** Opening EXTRACTED RECORDS block **

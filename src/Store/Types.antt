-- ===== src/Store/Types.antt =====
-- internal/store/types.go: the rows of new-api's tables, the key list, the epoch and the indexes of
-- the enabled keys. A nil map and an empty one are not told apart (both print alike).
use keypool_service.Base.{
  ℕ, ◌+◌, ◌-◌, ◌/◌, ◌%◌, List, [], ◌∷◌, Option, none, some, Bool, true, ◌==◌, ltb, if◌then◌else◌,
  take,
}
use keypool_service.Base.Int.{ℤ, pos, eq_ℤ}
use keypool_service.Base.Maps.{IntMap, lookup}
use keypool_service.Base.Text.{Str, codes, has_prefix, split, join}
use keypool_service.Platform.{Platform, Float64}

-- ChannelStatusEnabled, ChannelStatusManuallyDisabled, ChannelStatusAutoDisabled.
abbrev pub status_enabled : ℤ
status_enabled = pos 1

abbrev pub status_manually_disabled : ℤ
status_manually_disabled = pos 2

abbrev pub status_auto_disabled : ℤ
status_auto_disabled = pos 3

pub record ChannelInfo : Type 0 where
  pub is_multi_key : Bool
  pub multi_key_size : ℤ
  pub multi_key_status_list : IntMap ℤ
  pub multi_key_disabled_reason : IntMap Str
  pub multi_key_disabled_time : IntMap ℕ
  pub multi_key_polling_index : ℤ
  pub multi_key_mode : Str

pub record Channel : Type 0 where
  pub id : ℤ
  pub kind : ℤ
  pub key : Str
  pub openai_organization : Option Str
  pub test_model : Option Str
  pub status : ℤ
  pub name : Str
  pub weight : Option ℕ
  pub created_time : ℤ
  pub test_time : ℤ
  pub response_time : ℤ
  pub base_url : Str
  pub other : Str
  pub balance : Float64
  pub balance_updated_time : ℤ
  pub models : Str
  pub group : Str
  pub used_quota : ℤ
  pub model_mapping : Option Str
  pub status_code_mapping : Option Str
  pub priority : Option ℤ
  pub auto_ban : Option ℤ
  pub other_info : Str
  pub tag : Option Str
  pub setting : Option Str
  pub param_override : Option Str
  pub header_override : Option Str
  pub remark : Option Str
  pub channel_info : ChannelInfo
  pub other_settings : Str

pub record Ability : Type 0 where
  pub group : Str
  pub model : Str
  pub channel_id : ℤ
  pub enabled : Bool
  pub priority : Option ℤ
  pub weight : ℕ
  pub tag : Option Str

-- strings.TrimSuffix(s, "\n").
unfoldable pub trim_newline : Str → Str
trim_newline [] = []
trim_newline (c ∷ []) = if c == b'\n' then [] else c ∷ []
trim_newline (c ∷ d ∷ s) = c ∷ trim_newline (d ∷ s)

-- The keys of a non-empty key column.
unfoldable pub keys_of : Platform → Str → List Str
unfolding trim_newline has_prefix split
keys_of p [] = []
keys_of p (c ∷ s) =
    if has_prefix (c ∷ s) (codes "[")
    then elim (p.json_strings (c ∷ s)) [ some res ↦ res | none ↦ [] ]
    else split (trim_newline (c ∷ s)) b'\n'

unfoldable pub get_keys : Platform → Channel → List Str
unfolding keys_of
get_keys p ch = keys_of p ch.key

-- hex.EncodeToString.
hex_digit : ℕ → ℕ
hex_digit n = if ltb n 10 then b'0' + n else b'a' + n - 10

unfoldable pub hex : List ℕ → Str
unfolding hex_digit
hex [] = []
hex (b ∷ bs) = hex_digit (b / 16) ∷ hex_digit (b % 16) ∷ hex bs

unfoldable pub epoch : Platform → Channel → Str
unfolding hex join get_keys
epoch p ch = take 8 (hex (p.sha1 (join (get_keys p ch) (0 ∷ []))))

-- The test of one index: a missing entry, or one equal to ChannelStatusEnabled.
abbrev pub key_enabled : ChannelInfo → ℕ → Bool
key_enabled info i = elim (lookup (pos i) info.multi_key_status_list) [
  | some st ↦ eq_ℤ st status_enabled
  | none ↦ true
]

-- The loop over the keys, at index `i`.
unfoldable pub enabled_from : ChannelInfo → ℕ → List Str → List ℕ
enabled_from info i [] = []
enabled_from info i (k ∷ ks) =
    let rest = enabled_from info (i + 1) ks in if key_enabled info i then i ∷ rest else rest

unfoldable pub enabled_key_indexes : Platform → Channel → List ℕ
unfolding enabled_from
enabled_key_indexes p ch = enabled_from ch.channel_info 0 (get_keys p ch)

** Closing EXTRACTED RECORDS block **

■ ABOUT THIS TASK
Copy the records exactly.

■ SOLVED PROBLEM
filename src/Store/Types.antt
-- ===== src/Store/Types.antt =====
-- internal/store/types.go: the rows of new-api's tables, the key list, the epoch and the indexes of
-- the enabled keys. A nil map and an empty one are not told apart (both print alike).
use keypool_service.Base.{
  ℕ, ◌+◌, ◌-◌, ◌/◌, ◌%◌, List, [], ◌∷◌, Option, none, some, Bool, true, ◌==◌, ltb, if◌then◌else◌,
  take,
}
use keypool_service.Base.Int.{ℤ, pos, eq_ℤ}
use keypool_service.Base.Maps.{IntMap, lookup}
use keypool_service.Base.Text.{Str, codes, has_prefix, split, join}
use keypool_service.Platform.{Platform, Float64}

-- ChannelStatusEnabled, ChannelStatusManuallyDisabled, ChannelStatusAutoDisabled.
abbrev pub status_enabled : ℤ
status_enabled = pos 1

abbrev pub status_manually_disabled : ℤ
status_manually_disabled = pos 2

abbrev pub status_auto_disabled : ℤ
status_auto_disabled = pos 3

pub record ChannelInfo : Type 0 where
  pub is_multi_key : Bool
  pub multi_key_size : ℤ
  pub multi_key_status_list : IntMap ℤ
  pub multi_key_disabled_reason : IntMap Str
  pub multi_key_disabled_time : IntMap ℕ
  pub multi_key_polling_index : ℤ
  pub multi_key_mode : Str

pub record Channel : Type 0 where
  pub id : ℤ
  pub kind : ℤ
  pub key : Str
  pub openai_organization : Option Str
  pub test_model : Option Str
  pub status : ℤ
  pub name : Str
  pub weight : Option ℕ
  pub created_time : ℤ
  pub test_time : ℤ
  pub response_time : ℤ
  pub base_url : Str
  pub other : Str
  pub balance : Float64
  pub balance_updated_time : ℤ
  pub models : Str
  pub group : Str
  pub used_quota : ℤ
  pub model_mapping : Option Str
  pub status_code_mapping : Option Str
  pub priority : Option ℤ
  pub auto_ban : Option ℤ
  pub other_info : Str
  pub tag : Option Str
  pub setting : Option Str
  pub param_override : Option Str
  pub header_override : Option Str
  pub remark : Option Str
  pub channel_info : ChannelInfo
  pub other_settings : Str

pub record Ability : Type 0 where
  pub group : Str
  pub model : Str
  pub channel_id : ℤ
  pub enabled : Bool
  pub priority : Option ℤ
  pub weight : ℕ
  pub tag : Option Str

-- strings.TrimSuffix(s, "\n").
unfoldable pub trim_newline : Str → Str
trim_newline [] = []
trim_newline (c ∷ []) = if c == b'\n' then [] else c ∷ []
trim_newline (c ∷ d ∷ s) = c ∷ trim_newline (d ∷ s)

-- The keys of a non-empty key column.
unfoldable pub keys_of : Platform → Str → List Str
unfolding trim_newline has_prefix split
keys_of p [] = []
keys_of p (c ∷ s) =
    if has_prefix (c ∷ s) (codes "[")
    then elim (p.json_strings (c ∷ s)) [ some res ↦ res | none ↦ [] ]
    else split (trim_newline (c ∷ s)) b'\n'

unfoldable pub get_keys : Platform → Channel → List Str
unfolding keys_of
get_keys p ch = keys_of p ch.key

-- hex.EncodeToString.
hex_digit : ℕ → ℕ
hex_digit n = if ltb n 10 then b'0' + n else b'a' + n - 10

unfoldable pub hex : List ℕ → Str
unfolding hex_digit
hex [] = []
hex (b ∷ bs) = hex_digit (b / 16) ∷ hex_digit (b % 16) ∷ hex bs

unfoldable pub epoch : Platform → Channel → Str
unfolding hex join get_keys
epoch p ch = take 8 (hex (p.sha1 (join (get_keys p ch) (0 ∷ []))))

-- The test of one index: a missing entry, or one equal to ChannelStatusEnabled.
abbrev pub key_enabled : ChannelInfo → ℕ → Bool
key_enabled info i = elim (lookup (pos i) info.multi_key_status_list) [
  | some st ↦ eq_ℤ st status_enabled
  | none ↦ true
]

-- The loop over the keys, at index `i`.
unfoldable pub enabled_from : ChannelInfo → ℕ → List Str → List ℕ
enabled_from info i [] = []
enabled_from info i (k ∷ ks) =
    let rest = enabled_from info (i + 1) ks in if key_enabled info i then i ∷ rest else rest

unfoldable pub enabled_key_indexes : Platform → Channel → List ℕ
unfolding enabled_from
enabled_key_indexes p ch = enabled_from ch.channel_info 0 (get_keys p ch)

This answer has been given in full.